Once we have calculated the probability that pairs of record are duplicates or not, we still have a kind of thorny problem because it’s not just pairs of records that can be duplicates. Three, four, thousands of records could all refer to the same entity (person, organization, ice cream flavor, etc.,) but we only have pairwise measures.

Let’s say we have measured the following pairwise probabilities between records A, B, and C.

A -- 0.6 -- B -- 0.6 -- C

The probability that A and B are duplicates is 60%, the probability that B and C are duplicates is 60%, but what is the probability that A and C are duplicates?

Let’s say that everything is going perfectly and we can say there’s a 36% probability that A and C are duplicates. We’d probably want to say that A and C should not be considered duplicates.

Okay, then should we say that A and B are a duplicate pair and C is a distinct record or that A is the distinct record and that B and C are duplicates?

Well… this is a thorny problem, and we tried solving it a few different ways. In the end, we found that hierarchical clustering with centroid linkage gave us the best results. What this algorithm does is say that all points within some distance of centroid are part of the same group. In this example, B would be the centroid - and A, B, C and would all be put in the same group.

Unfortunately, a more principled answer does not exist because the estimated pairwise probabilities are not transitive.

Clustering the groups depends on us setting a threshold for group membership – the distance of the points to the centroid. Depending on how we choose that threshold, we’ll get very different groups, and we will want to choose this threshold wisely.

In recent years, there has been some very exciting research that solves the problem of turning pairwise distances into clusters, by avoiding making pairwise comparisons altogether. Unfortunately, these developments are not compatible with Dedupe’s pairwise approach. See, Michael Wick, et.al, 2012. “A Discriminative Hierarchical Model for Fast Coreference at Large Scale” and Rebecca C. Steorts, et. al., 2013. “A Bayesian Approach to Graphical Record Linkage and De-duplication”.

Choosing a Good Threshold

Dedupe can predict the probability that a pair of records are duplicates. So, how should we decide that a pair of records really are duplicates?

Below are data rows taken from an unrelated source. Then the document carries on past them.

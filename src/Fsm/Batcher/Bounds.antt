-- ===== src/Fsm/Batcher/Bounds.antt =====
-- No index of pkg/fsm/batcher.go leaves its slice, whatever the order of the goroutines.
use sybline.Base.{
  ℕ, suc, ◌+◌, ◌-◌, ◌%◌, ◌≤◌, ◌<◌, ◌≡◌, refl, sym, subst, ◌∙◌, true, false, Option, none, some,
  List, [], ◌∷◌, ◌++◌, Bytes, length, set, ◌==◌, ltb, arith, inl, inr, Bool-cases, Option-cases,
}
use sybline.Core.Run.{ok}
use sybline.Fsm.Apply.{Result}
use sybline.Fsm.Batcher.{
  DataIndex, Slots, Caller, idle, assigned, counted, waiting, Batcher, Move, acquire, advance,
  submit, finish, process, tick, flush, make_slots, new_batcher, answers, send_logs, acquire_index,
  advance_index, submit_entry, finish_call, process_input, timer_tick, timer_flush, move,
}
use sybline.Fsm.Batcher.Steps.{
  may_acquire, may_advance, may_submit, may_finish, has_entry, is_free, enabled, Reach, start,
  later,
}
use sybline.Fsm.Batcher.Invariant.{
  IsBatcher, Coherent, Safe, entry_waiting, waiting_done, acquire-Coherent, length-make_slots,
  length-set, slice_to-ok, send_all-ok, length-no_results, length-some_results, first_slot,
  remainder_lt,
}

module _ (apply_log : Slots → Option (List Result))
    (few : (s : Slots) (rs : List Result) → apply_log s ≡ some rs → length rs ≤ length s) (n : ℕ)
    (some_room : 1 ≤ n) where
  pub length-answers : (s : Slots) → length (answers apply_log s) ≤ length s
  unfolding answers
  length-answers s = elim (Option-cases (apply_log s)) [
    | inl e ↦ rw (e, answers) (omega (arith, length-no_results s))
    | inr (rs, e) ↦ rw (e, answers) (omega (arith, length-some_results rs, few s rs e))
  ]

  send_logs-IsBatcher :
      (datas : Slots) (b : Batcher)
      → length datas ≤ n
      → Coherent n b.caller b.input b.wait
      → ((k : ℕ) → b.timer ≡ some k → k < n)
      → Safe n (send_logs apply_log n datas b)
  unfolding send_logs
  send_logs-IsBatcher datas b few_entries coherent timed =
      let (out, at) =
        send_all-ok n b.output_chans 0 (answers apply_log datas)
          (omega (arith, length-answers datas)) in
      (
        record b {
          next_free_index = 0;
          data_slice = make_slots n;
          output_chans = suc (b.output_chans);
          logged = b.logged ++ datas ∷ [];
          sent = b.sent ++ out;
        },
        rw at refl,
        record {
          next = omega arith;
          slots = length-make_slots n;
          coherent = coherent;
          timed = timed;
        },
      )

  acquire-Safe :
      (content : Bytes) (b : Batcher)
      → IsBatcher n b
      → may_acquire b.caller ≡ true
      → Safe n (acquire_index content b)
  unfolding acquire_index
  acquire-Safe content b v h = (
    record b { caller = assigned content b.next_free_index },
    refl,
    record {
      next = v.next;
      slots = v.slots;
      coherent =
          acquire-Coherent n b.next_free_index content b.caller b.input b.wait h v.next v.coherent;
      timed = v.timed;
    },
  )

  advance-Safe :
      (cl : Caller) (b : Batcher)
      → IsBatcher n b
      → Coherent n cl b.input b.wait
      → may_advance cl ≡ true
      → Safe n (advance_index n cl b)
  unfolding advance_index
  advance-Safe idle b v c h = absurd (cc)
  advance-Safe (counted content i) b v c h = absurd (cc)
  advance-Safe (waiting content i) b v c h = absurd (cc)
  advance-Safe (assigned content i) b v c h =
      let pos : (n == 0) ≡ false = ground arith in
      (
        record b { next_free_index = (b.next_free_index + 1) % n; caller = counted content i },
        rw pos refl,
        record {
          next = remainder_lt (b.next_free_index + 1) n some_room;
          slots = v.slots;
          coherent = c;
          timed = v.timed;
        },
      )

  submit-Safe :
      (cl : Caller) (b : Batcher)
      → IsBatcher n b
      → Coherent n cl b.input b.wait
      → may_submit cl ≡ true
      → Safe n (submit_entry cl b)
  unfolding submit_entry
  submit-Safe idle b v c h = absurd (cc)
  submit-Safe (assigned content i) b v c h = absurd (cc)
  submit-Safe (waiting content i) b v c h = absurd (cc)
  submit-Safe (counted content i) b v (lt, none_left, zero_wait) h =
      let entry : DataIndex = record { content = content; id = i } in
      let one_entry : Coherent n (waiting content i) (b.input ++ entry ∷ []) (suc (b.wait)) =
        subst (λ l. Coherent n (waiting content i) (l ++ entry ∷ []) (suc (b.wait))) (sym none_left)
          (lt, omega arith, refl, refl, refl) in
      (
        record b { input = b.input ++ entry ∷ []; wait = suc (b.wait); caller = waiting content i },
        refl,
        record { next = v.next; slots = v.slots; coherent = one_entry; timed = v.timed },
      )

  finish-Safe :
      (cl : Caller) (b : Batcher)
      → IsBatcher n b
      → Coherent n cl b.input b.wait
      → may_finish cl ≡ true
      → b.wait ≡ 0
      → Safe n (finish_call n cl b)
  unfolding finish_call
  finish-Safe idle b v c h z = absurd (cc)
  finish-Safe (assigned content i) b v c h z = absurd (cc)
  finish-Safe (counted content i) b v c h z = absurd (cc)
  finish-Safe (waiting content i) b v c h z =
      let (lt, none_left) = waiting_done n content i b.input b.wait c z in
      let below : ltb i n ≡ true = ground arith in
      (
        record b { caller = idle; returned = b.returned ++ ((b.output_chans, i), content) ∷ [] },
        rw below refl,
        record { next = v.next; slots = v.slots; coherent = (none_left, z); timed = v.timed },
      )

  process-Safe :
      (input : List DataIndex) (b : Batcher)
      → IsBatcher n b
      → Coherent n b.caller input b.wait
      → has_entry input ≡ true
      → is_free b.timer ≡ true
      → Safe n (process_input apply_log n input b)
  unfolding process_input
  process-Safe [] b v c h free = absurd (cc)
  process-Safe (e ∷ rest) b v c h free =
      let (content, i, stands, lt, one, alone, at, _) = entry_waiting n b.caller e rest b.wait c in
      let below : ltb e.id (length b.data_slice) ≡ true = ground (arith, v.slots) in
      let stored = set b.data_slice e.id (some e.content) in
      let taken = record b { input = rest; data_slice = stored; wait = b.wait - 1 } in
      let size : length stored ≡ n = length-set b.data_slice e.id (some e.content) ∙ v.slots in
      let coherent : Coherent n b.caller rest (b.wait - 1) =
        subst (λ l. Coherent n b.caller l (b.wait - 1)) (sym alone)
          (subst (λ cl. Coherent n cl [] (b.wait - 1)) (sym stands) (lt, omega arith)) in
      let counted_once : (b.wait == 0) ≡ false = ground arith in
      rw (below, counted_once)
        (elim (Bool-cases (e.id == n - 1)) [
          | inl last ↦ rw last (send_logs-IsBatcher stored taken (omega arith) coherent v.timed)
          | inr more ↦ rw more (
            taken,
            refl,
            record { next = v.next; slots = size; coherent = coherent; timed = v.timed },
          )
        ])

  tick-Safe : (b : Batcher) → IsBatcher n b → Safe n (timer_tick b)
  unfolding timer_tick
  tick-Safe b v =
      let (empty, at) = first_slot b.data_slice (omega (arith, v.slots)) in
      rw at (elim (Bool-cases empty) [
        | inl e ↦ rw e (b, refl, v)
        | inr e ↦ rw e (
          record b { timer = some b.next_free_index },
          refl,
          record {
            next = v.next;
            slots = v.slots;
            coherent = v.coherent;
            timed = λ k h. subst (λ j. j < n) (ground (arith, h)) v.next;
          },
        )
      ])

  flush-Safe :
      (t : Option ℕ) (b : Batcher)
      → IsBatcher n b
      → b.timer ≡ t
      → Safe n (timer_flush apply_log n t b)
  unfolding timer_flush
  flush-Safe none b v e = (b, refl, v)
  flush-Safe (some k) b v e =
      let lt = v.timed k e in
      let (datas, at, size) = slice_to-ok b.data_slice k (omega (arith, v.slots)) in
      rw at (
        send_logs-IsBatcher datas (record b { timer = none }) (omega arith) v.coherent
          (λ j h. absurd (cc)))

  pub move-Safe :
      (m : Move) (b : Batcher)
      → IsBatcher n b
      → enabled n m b ≡ true
      → Safe n (move apply_log n m b)
  unfolding move enabled
  move-Safe (acquire content) b v h = acquire-Safe content b v h
  move-Safe advance b v h = advance-Safe b.caller b v v.coherent h
  move-Safe submit b v h = submit-Safe b.caller b v v.coherent (ground arith)
  move-Safe finish b v h = finish-Safe b.caller b v v.coherent (ground arith) (ground arith)
  move-Safe process b v h = process-Safe b.input b v v.coherent (ground arith) (ground arith)
  move-Safe tick b v h = tick-Safe b v
  move-Safe flush b v h = flush-Safe b.timer b v refl

  pub Reach-IsBatcher : {b : Batcher} → Reach apply_log n b → IsBatcher n b
  unfolding new_batcher
  Reach-IsBatcher start = record {
    next = some_room;
    slots = length-make_slots n;
    coherent = (refl, refl);
    timed = λ k h. absurd (cc);
  }
  Reach-IsBatcher (later {b} m r may at) =
      let (c, moved, v) = move-Safe m b (Reach-IsBatcher r) may in
      subst (IsBatcher n) (ground (arith, moved, at)) v

  -- Take a batch length of at least 1, and a raft that answers no more results than it was given
  -- entries. In every state that the callers of SendLog, the goroutine of the input channel and that
  -- of the timer can reach, in any order that the locks and the channel permit, no move that is
  -- possible panics: no index or slice bound leaves its slice.
  pub Reach-move :
      (m : Move) (b : Batcher)
      → Reach apply_log n b
      → enabled n m b ≡ true
      → (c : Batcher) × (move apply_log n m b ≡ ok c)
  Reach-move m b r may = let (c, moved, _) = move-Safe m b (Reach-IsBatcher r) may in (c, moved)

To answer this question we need to know something about Precision and Recall. Why don’t you check out the Wikipedia page and come back here.

There’s always a trade-off between precision and recall. That’s okay. As long as we know how much we care about precision vs. recall, we can define an F-score that will let us find a threshold for deciding when records are duplicates that is optimal for our priorities.

Typically, the way that we find that threshold is by looking at the true precision and recall of some data where we know their true labels - where we know the real duplicates. However, we will only get a good threshold if the labeled examples are representative of the data we are trying to classify.

So here’s the problem - the labeled examples that we make with Dedupe are not at all representative, and that’s by design. In the active learning step, we are not trying to find the most representative data examples. We’re trying to find the ones that will teach us the most.

The approach we take here is to take a random sample of blocked data, and then calculate the pairwise probability that records will be duplicates within each block. From these probabilities we can calculate the expected number of duplicates and distinct pairs, so we can calculate the expected precision and recall.

Special Cases

The process we have been describing is for the most general case–when you have a dataset where an arbitrary number of records can all refer to the same entity.

There are certain special cases where we can make more assumptions about how records can be linked, which if true, make the problem much simpler.

One important case we call Record Linkage. Say you have two datasets and you want to find the records in each dataset that refer to the same thing. If you can assume that each dataset, individually, is unique, then this puts a big constraint on how records can match. If this uniqueness assumption holds, then (A) two records can only refer to the same entity if they are from different datasets and (B) no other record can match either of those two records.